Zusammenfassend haben wir die Essenz eines computergestützten Agenten implementiert, der zu autonomem Denken und Interaktion fähig ist. Wir erleben, wie lokale Sprachmodelle wie Flan-T5 die Automatisierung auf Desktop-Ebene in einer sicheren, textbasierten Sandbox wirkungsvoll simulieren können. Dieses Projekt hilft uns, die Architektur hinter intelligenten Agenten zu verstehen, beispielsweise denen in Pc-Agenten, indem es das Denken in natürlicher Sprache mit der Steuerung virtueller Werkzeuge verbindet. Es schafft eine solide Grundlage für die Ausweitung dieser Fähigkeiten auf reale, multimodale und sichere Automatisierungssysteme.
Schauen Sie sich das an VOLLSTÄNDIGE CODES hier.
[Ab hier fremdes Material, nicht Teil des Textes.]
-- ===== src/DataTable/Entries.antt =====
-- `UpdateDeltaCommentsOrDowntimes` of lmd/peer.go. What the remote site answers is a parameter: `ask`
-- is `p.Query`, and its error is the text of Go's. The locks are not modelled, nor what a failed query
-- does to the status of the peer (Peer).
pub mod Indexed
pub mod Mirror
use lmd.Prelude.{
  ℕ, ◌+◌, ◌-◌, Bool, true, false, ◌&&◌, ◌||◌, not, Option, none, some, List, [], ◌∷◌, ◌++◌, Bytes,
  codes, equal, length, get_elem?, Result, ok, err, ◌>>=◌, ◌==◌, if◌then◌else◌,
}
use lmd.Prelude.Int.{ℤ, pos}
use lmd.Prelude.Dict.{Dict, lookup, insert, delete}
use lmd.Runtime.{Go, Panic, raised, index_out_of_range, type_assertion}
use lmd.Runtime.Dynamic.{Value, float}
use lmd.Objects.{Table, PeerFlags, get_initial_keys, index_of}
use lmd.Text.{join}
use lmd.Text.Decimal.{format_ℕ}
use lmd.Filter.Match.{sprint}
use lmd.Request.{Request, no_request}
use lmd.DataTable.{at, DataTable, Row, Memory, add_item, key_at, remove_item}

unfoldable pub missing_ids : Dict ℕ → List Bytes → List Bytes
unfolding lookup
missing_ids index [] = []
missing_ids index (id ∷ ids) =
    let rest = missing_ids index ids in elim (lookup id index) [ none ↦ id ∷ rest | some _ ↦ rest ]

unfoldable pub listed : List Bytes → Bytes → Bool
listed [] id = false
listed (x ∷ xs) id = let rest = listed xs id in if equal x id then true else rest

abbrev pub keys : Dict ℕ → List Bytes
keys [] = []
keys ((id, row) ∷ rest) = id ∷ keys rest

abbrev drop_entry : Bytes → DataTable → DataTable
drop_entry id d = record d { index = delete id d.index }

module _ (go : Go) where
  open go use {Float, float_eq, of_int}

  -- the memory and the table
  pub record Entries : Type 0 where
    pub memory : Memory go
    pub held : DataTable

  -- .(float64)
  abbrev pub as_float : Value Float → Result Panic Float
  as_float (float v) = ok v
  as_float _ = err type_assertion

  abbrev base_request : Table → Request go
  base_request t = record (no_request go) {
    table = t.name;
    response_fixed16 = true;
    output_format = codes "json";
  }

  unfoldable pub count_request : Table → Request go
  count_request t = record (base_request t) {
    filter_str = codes "Stats: id != -1\nStats: max id\n";
  }

  unfoldable pub ids_request : Table → Request go
  ids_request t = record (base_request t) { columns = codes "id" ∷ [] }

  unfoldable pub rows_request : Table → PeerFlags → List Bytes → Request go
  unfolding get_initial_keys join
  rows_request t flags missing = record (base_request t) {
    columns = get_initial_keys flags t;
    filter_str =
        codes "Filter: id = "
        ++ join missing (codes "\nFilter: id = ")
        ++ codes "\nOr: "
        ++ format_ℕ (length missing)
        ++ codes "\n";
  }

  -- the last row has the highest id of the remote site
  abbrev last_matches : Memory go → List ℕ → ℕ → Row go → Result Panic Bool
  last_matches mem rows field counted = do
    ref ← at rows (length rows - 1)
    last ← at mem ref
    v ← at last field
    id ← as_float v
    m ← at counted 1
    max ← as_float m
    ok (float_eq id max)

  -- did the number of entries and the highest id stay the same?
  unfoldable pub is_unchanged : Memory go → List ℕ → ℕ → List (Row go) → Result Panic Bool
  is_unchanged mem rows field answer = do
    counted ← at answer 0
    c ← at counted 0
    number ← as_float c
    let last = last_matches mem rows field counted
    if not (float_eq (of_int (pos (length rows))) number)
        then ok false
        else if length rows == 0
        then ok true
        else last

  -- the keys of the rows of an answer, in one of their columns
  unfoldable pub read_keys : ℕ → List (Row go) → Result Panic (List Bytes)
  read_keys column [] = ok []
  read_keys column (row ∷ rows) = do
    v ← at row column
    ids ← read_keys column rows
    ok (sprint go v ∷ ids)

  -- The loop over the keys of the index. A key that a removal has deleted is not visited.
  unfoldable pub remove_old :
      Memory go → List Bytes → List Bytes → DataTable → Result Panic DataTable
  unfolding lookup delete listed remove_item
  remove_old mem remote [] d = ok d
  remove_old mem remote (id ∷ ids) d = elim (lookup id d.index) [
    | none ↦ remove_old mem remote ids d
    | some row ↦
        if listed remote id
        then remove_old mem remote ids d
        else (remove_item go mem row d >>= λ d'. remove_old mem remote ids (drop_entry id d'))
  ]

  -- The loop over the new rows: each is put into the memory.
  unfoldable pub add_new : ℕ → List (Row go) → Entries → Result Panic Entries
  unfolding add_item insert
  add_new field [] e = ok e
  add_new field (row ∷ rows) e = do
    v ← at row field
    let d = record e.held { index = insert (sprint go v) (length e.memory) e.held.index }
    add_new field rows
        (record { memory = e.memory ++ row ∷ []; held = add_item (length e.memory) d })

  module _ (ask : Request go → Result Bytes (List (Row go))) where
    -- the entries after the call, with the error that it returns
    abbrev pub Outcome : Type 0
    Outcome = Result Panic (Entries × Option Bytes)

    -- A query that fails ends the update with its error.
    abbrev pub with_answer :
        Entries → Result Bytes (List (Row go)) → (List (Row go) → Outcome) → Outcome
    with_answer e (err failure) next = ok (e, some failure)
    with_answer e (ok rows) next = next rows

    unfoldable pub fetch_new : Table → PeerFlags → List Bytes → Entries → Outcome
    unfolding rows_request add_new
    fetch_new t flags [] e = ok (e, none)
    fetch_new t flags (id ∷ ids) e =
        with_answer e (ask (rows_request t flags (id ∷ ids)))
          λ rows. do e' ← add_new (index_of (codes "id") t.columns_index) rows e; ok (e', none)

    unfoldable pub fetch_ids : Table → PeerFlags → Entries → Outcome
    unfolding ids_request read_keys missing_ids remove_old fetch_new
    fetch_ids t flags e = with_answer e (ask (ids_request t)) λ answer. do
      remote ← read_keys 0 answer
      d ← remove_old e.memory remote (keys e.held.index) e.held
      fetch_new t flags (missing_ids e.held.index remote) (record e { held = d })

    unfoldable pub update_delta_comments_or_downtimes : Table → PeerFlags → Entries → Outcome
    unfolding count_request is_unchanged fetch_ids
    update_delta_comments_or_downtimes t flags e = with_answer e (ask (count_request t)) λ answer.
        do
          unchanged ←
              is_unchanged e.memory e.held.rows (index_of (codes "id") t.columns_index) answer
          let fetched = fetch_ids t flags e
          if unchanged then ok (e, none) else fetched
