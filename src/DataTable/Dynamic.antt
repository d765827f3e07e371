-- ===== src/DataTable/Dynamic.antt =====
-- The updates of the dynamic columns of a table in lmd/peer.go: `UpdateObjectByType` but for the table of
-- time periods, `UpdateDeltaTableHosts`, `UpdateDeltaTableServices` and `UpdateDeltaTableFullScan`. `ask` is
-- `p.Query`, and its error is the text of Go's; what a failed query does to the status of the peer is
-- modelled in Peer.
pub mod Written
use lmd.Prelude.{
  is_nil, ℕ, zero, suc, ◌+◌, ◌-◌, Bool, true, false, ◌&&◌, ◌||◌, not, Option, none, some, List, [],
  ◌∷◌, ◌++◌, map, Bytes, codes, equal, length, get_elem?, set, Result, ok, err, ◌>>=◌, ltb, ◌==◌,
  if◌then◌else◌,
}
use lmd.Prelude.Int.{ℤ, pos, ◌-ℤ◌, ltb_ℤ, eqb_ℤ}
use lmd.Prelude.Dict.{Dict, lookup, insert}
use lmd.Runtime.{Go, Panic, raised, index_out_of_range, type_assertion}
use lmd.Runtime.Dynamic.{Value, null, bool, float, int, str, list, dict}
use lmd.Objects.{Table, PeerFlags, get_dynamic_columns, index_of}
use lmd.Text.Decimal.{format_int, format_ℕ}
use lmd.Request.{Request, no_request}
use lmd.DataTable.{at, DataTable, Row, Memory}
use lmd.DataTable.Entries.{as_float}

-- the first and the second of each pair
abbrev pub names_of : List (Bytes × ℕ) → List Bytes
names_of [] = []
names_of ((name, i) ∷ rest) = name ∷ names_of rest

abbrev pub indexes_of : List (Bytes × ℕ) → List ℕ
indexes_of [] = []
indexes_of ((name, i) ∷ rest) = i ∷ indexes_of rest

module _ {ℓ} {A : Type ℓ} where
  -- xs[i] = x
  abbrev pub put : List A → ℕ → A → Result Panic (List A)
  put xs i x = if ltb i (length xs) then ok (set xs i x) else err index_out_of_range

  -- `for j, k := range indexes { row[k] = values[j] }`
  unfoldable pub overwrite : List ℕ → List A → List A → Result Panic (List A)
  overwrite [] values row = ok row
  overwrite (k ∷ indexes) [] row = err index_out_of_range
  overwrite (k ∷ indexes) (v ∷ values) row = do row' ← put row k v; overwrite indexes values row'

module _ (go : Go) where
  open go use {Float, float_eq, to_int}

  -- the row at a reference; no reference is a slice that is nil, without an element
  unfoldable pub overwrite_at : List ℕ → Row go → Option ℕ → Memory go → Result Panic (Memory go)
  unfolding overwrite
  overwrite_at indexes values none mem = do _ ← overwrite indexes values []; ok mem
  overwrite_at indexes values (some r) mem = do
    old ← at mem r
    row ← overwrite indexes values old
    put mem r row

  -- how `UpdateObjectByType` ends
  pub data Update : Type 0 where
    done restart_required : Update
    failed : Bytes → Update
    -- the loop returns the error of a short row and leaves `DataLock` locked
    failed_locked : Update

  -- the loop over the rows of the answer and those of the table
  unfoldable pub write_rows :
      List ℕ → List (Row go) → List ℕ → Memory go → Result Panic (Memory go × Update)
  unfolding overwrite_at
  write_rows indexes [] rows mem = ok (mem, done)
  write_rows indexes (values ∷ answer) rows mem =
      if ltb (length values) (length indexes) then ok (mem, failed_locked) else (elim rows [
        | [] ↦ err index_out_of_range
        | r ∷ rest ↦
            (overwrite_at indexes values (some r) mem >>= λ mem'.
            write_rows indexes answer rest mem')
      ])

  abbrev pub query_of : Bytes → List Bytes → Bytes → Request go
  query_of table columns filter_str = record (no_request go) {
    table = table;
    columns = columns;
    response_fixed16 = true;
    output_format = codes "json";
    filter_str = filter_str;
  }

  -- `==` of two values of type `interface{}`, which panics for two slices or two maps
  unfoldable pub interface_equals : Value Float → Value Float → Result Panic Bool
  unfolding equal
  interface_equals null null = ok true
  interface_equals (bool a) (bool b) = ok (if a then b else not b)
  interface_equals (float a) (float b) = ok (float_eq a b)
  interface_equals (int a) (int b) = ok (eqb_ℤ a b)
  interface_equals (str a) (str b) = ok (equal a b)
  interface_equals (list a) (list b) = err raised
  interface_equals (dict a) (dict b) = err raised
  interface_equals _ _ = ok false

  -- data[0][table.ColumnsIndex["program_start"]]
  abbrev pub held_start : DataTable → Memory go → Result Panic (Value Float)
  held_start d mem = do
    r ← at d.rows 0
    row ← at mem r
    at row (index_of (codes "program_start") d.table.columns_index)

  -- the test of the table `status`, with the `ProgramStart` of the peer's status
  unfoldable pub is_restarted : Value Float → DataTable → Memory go → Result Panic Bool
  unfolding interface_equals
  is_restarted program_start d mem =
      let tested = (do
        held ← held_start d mem
        same ← interface_equals program_start held
        ok (not same)) in
      if equal d.table.name (codes "status") then tested else ok false

  abbrev pub note_restart :
      Value Float → DataTable → Memory go × Update → Result Panic (Memory go × Update)
  note_restart program_start d (mem, done) = do
    restarted ← is_restarted program_start d mem
    ok (mem, (if restarted then restart_required else done))
  note_restart program_start d other = ok other

  module _ (ask : Request go → Result Bytes (List (Row go))) where
    -- for the tables but `timeperiods`, with the `ProgramStart` of the peer's status
    unfoldable pub update_object_by_type :
        PeerFlags → Value Float → DataTable → Memory go → Result Panic (Memory go × Update)
    unfolding write_rows get_dynamic_columns is_restarted
    update_object_by_type flags program_start d mem =
        let columns = get_dynamic_columns flags d.table in
        let answered : Result Panic (Memory go × Update) =
          elim (ask (query_of d.table.name (names_of columns) [])) [
            | err message ↦ ok (mem, failed message)
            | ok answer ↦
                if ltb (length d.rows) (length answer)
                then ok (mem, restart_required)
                else (write_rows (indexes_of columns) answer d.rows mem >>= λ w.
                    note_restart program_start d w)
          ] in
        if is_nil d.table.dynamic_col_cache_names
          || (d.table.is_virtual || d.table.passthrough_only)
        then ok (mem, done)
        else answered

    -- .(string)
    abbrev pub as_text : Value Float → Result Panic Bytes
    as_text (str s) = ok s
    as_text _ = err type_assertion

    -- the key columns of the table
    abbrev pub key_columns : Bytes → List Bytes
    key_columns table =
        if equal table (codes "services")
        then codes "host_name" ∷ codes "description" ∷ []
        else codes "name" ∷ []

    -- The key of a row of the answer, behind the `n` dynamic columns: of a host its name, of a service
    -- its host and its description.
    unfoldable pub answer_key : Bytes → ℕ → Row go → Result Panic Bytes
    answer_key table n row =
        let name = at row n >>= as_text in
        let service = (do
          host ← name
          v ← at row (n + 1)
          description ← as_text v
          ok (host ++ b';' ∷ description)) in
        if equal table (codes "services") then service else name

    unfoldable pub write_keyed :
        Bytes → List ℕ → List (Row go) → Dict ℕ → Memory go → Result Panic (Memory go)
    unfolding answer_key overwrite_at lookup
    write_keyed table indexes [] index mem = ok mem
    write_keyed table indexes (row ∷ answer) index mem = do
      key ← answer_key table (length indexes) row
      mem' ← overwrite_at indexes row (lookup key index) mem
      write_keyed table indexes answer index mem'

    -- the memory, with the error that is returned
    abbrev pub Delta : Type 0
    Delta = Result Panic (Memory go × Option Bytes)

    -- `UpdateDeltaTableHosts` and `UpdateDeltaTableServices` with a filter
    unfoldable pub update_delta_with : PeerFlags → Bytes → DataTable → Memory go → Delta
    unfolding write_keyed get_dynamic_columns
    update_delta_with flags filter_str d mem =
        let columns = get_dynamic_columns flags d.table in
        elim (ask
          (query_of d.table.name (names_of columns ++ key_columns d.table.name) filter_str)) [
            | err message ↦ ok (mem, some message)
            | ok answer ↦
                (write_keyed d.table.name (indexes_of columns) answer d.index mem >>= λ mem'.
                ok (mem', none))
          ]

    abbrev pub scan_columns : List Bytes
    scan_columns =
        codes "last_check"
        ∷ codes "scheduled_downtime_depth"
        ∷ codes "acknowledged"
        ∷ codes "active_checks_enabled"
        ∷ codes "notifications_enabled"
        ∷ []

    -- `table.GetColumn(name).Index` for each name
    unfoldable pub column_indexes : Table → List Bytes → Result Panic (List ℕ)
    column_indexes t [] = ok []
    column_indexes t (name ∷ names) = do
      col ← at t.columns (index_of name t.columns_index)
      indexes ← column_indexes t names
      ok (col.index ∷ indexes)

    -- does a value of the answer differ from the one that is held? The loop stops at the first.
    unfoldable pub differs : List ℕ → Row go → Row go → Result Panic Bool
    differs [] row held = ok false
    differs (k ∷ indexes) [] held = err index_out_of_range
    differs (k ∷ indexes) (v ∷ row) held = do
      new ← as_float go v
      h ← at held k
      old ← as_float go h
      let rest = differs indexes row held
      if float_eq new old then rest else ok true

    abbrev pub note_missing : Float → List Float → List Float
    note_missing f [] = f ∷ []
    note_missing f (g ∷ fs) =
        let rest = note_missing f fs in if float_eq f g then g ∷ fs else g ∷ rest

    -- the times of the last checks of the rows that differ
    unfoldable pub missing_checks :
        List ℕ → List (Row go) → List ℕ → Memory go → List Float → Result Panic (List Float)
    unfolding differs
    missing_checks indexes [] rows mem missing = ok missing
    missing_checks indexes (row ∷ answer) [] mem missing = err index_out_of_range
    missing_checks indexes (row ∷ answer) (r ∷ rows) mem missing = do
      held ← at mem r
      changed ← differs indexes row held
      v ← at row 0
      last_check ← as_float go v
      missing_checks indexes answer rows mem
          (if changed then note_missing last_check missing else missing)

    unfoldable pub check_filters : List Float → Bytes
    unfolding format_int
    check_filters [] = []
    check_filters (f ∷ fs) =
        (codes "Filter: last_check = " ++ format_int (to_int f) ++ codes "\n") ++ check_filters fs

    -- the memory, whether there was an update, the error, and the time of the last full scan
    abbrev pub Scan : Type 0
    Scan = Result Panic (Memory go × Bool × Option Bytes × ℤ)

    -- The error of the delta update is dropped.
    abbrev pub after_scan : PeerFlags → ℤ → Bytes → DataTable → Memory go → List Float → Scan
    after_scan flags now filter_str d mem [] = ok (mem, true, none, now)
    after_scan flags now filter_str d mem (f ∷ fs) = do
      (mem', dropped) ←
          update_delta_with flags
            (filter_str
              ++ check_filters (f ∷ fs)
              ++ codes "Or: "
              ++ format_ℕ (length fs + 2)
              ++ codes "\n")
            d mem
      ok (mem', true, none, now)

    unfoldable pub full_scan : PeerFlags → ℤ → ℤ → Bytes → DataTable → Memory go → Scan
    unfolding column_indexes missing_checks check_filters update_delta_with ◌-ℤ◌ format_ℕ
    full_scan flags now last_full filter_str d mem =
        let scanned : Scan = elim (ask (query_of d.table.name scan_columns [])) [
          | err message ↦ ok (mem, false, some message, last_full)
          | ok answer ↦ do
            indexes ← column_indexes d.table scan_columns
            missing ← missing_checks indexes answer d.rows mem []
            after_scan flags now filter_str d mem missing
        ] in
        if ltb_ℤ (now -ℤ pos 30) last_full then ok (mem, false, none, last_full) else scanned

    -- `UpdateDeltaTableHosts("")` and `UpdateDeltaTableServices("")`: the memory, the error, and the time
    -- of the last full scan
    unfoldable pub update_delta_table :
        PeerFlags → ℤ → ℤ → ℤ → DataTable → Memory go → Result Panic (Memory go × Option Bytes × ℤ)
    unfolding full_scan update_delta_with ◌-ℤ◌ format_int
    update_delta_table flags now last_update last_full d mem =
        let filter_str =
          codes "Filter: last_check >= "
          ++ format_int (last_update -ℤ pos 3)
          ++ codes "\nFilter: is_executing = 1\nOr: 2\n" in
        full_scan flags now last_full filter_str d mem >>= λ (mem', updated, failure, last_full').
        let delta = update_delta_with flags filter_str d mem' >>= λ (mem'', failure').
        ok (mem'', failure', last_full') in
        elim failure [
          | some message ↦ ok (mem', some message, last_full')
          | none ↦ if updated then ok (mem', none, last_full') else delta
        ]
Schauen Sie sich gerne bei uns um GitHub-Seite für Tutorials, Codes und Notebooks. Sie können uns auch gerne weiter folgen Twitter und vergessen Sie nicht, bei uns mitzumachen 100.000+ ML SubReddit und Abonnieren Unser E-newsletter. Warten! Bist du im Telegram? Jetzt können Sie uns auch per Telegram kontaktieren.
Asif Razzaq ist CEO von Marktechpost Media Inc.. Als visionärer Unternehmer und Ingenieur setzt sich Asif dafür ein, das Potenzial der künstlichen Intelligenz für das soziale Wohl zu nutzen. Sein jüngstes Unterfangen ist die Einführung einer Medienplattform für künstliche Intelligenz, Marktechpost, die sich durch eine ausführliche Berichterstattung über maschinelles Lernen und Deep-Studying-Nachrichten auszeichnet, die sowohl technisch fundiert als auch für ein breites Publikum leicht verständlich ist. Die Plattform verfügt über mehr als 2 Millionen monatliche Aufrufe, was ihre Beliebtheit beim Publikum verdeutlicht.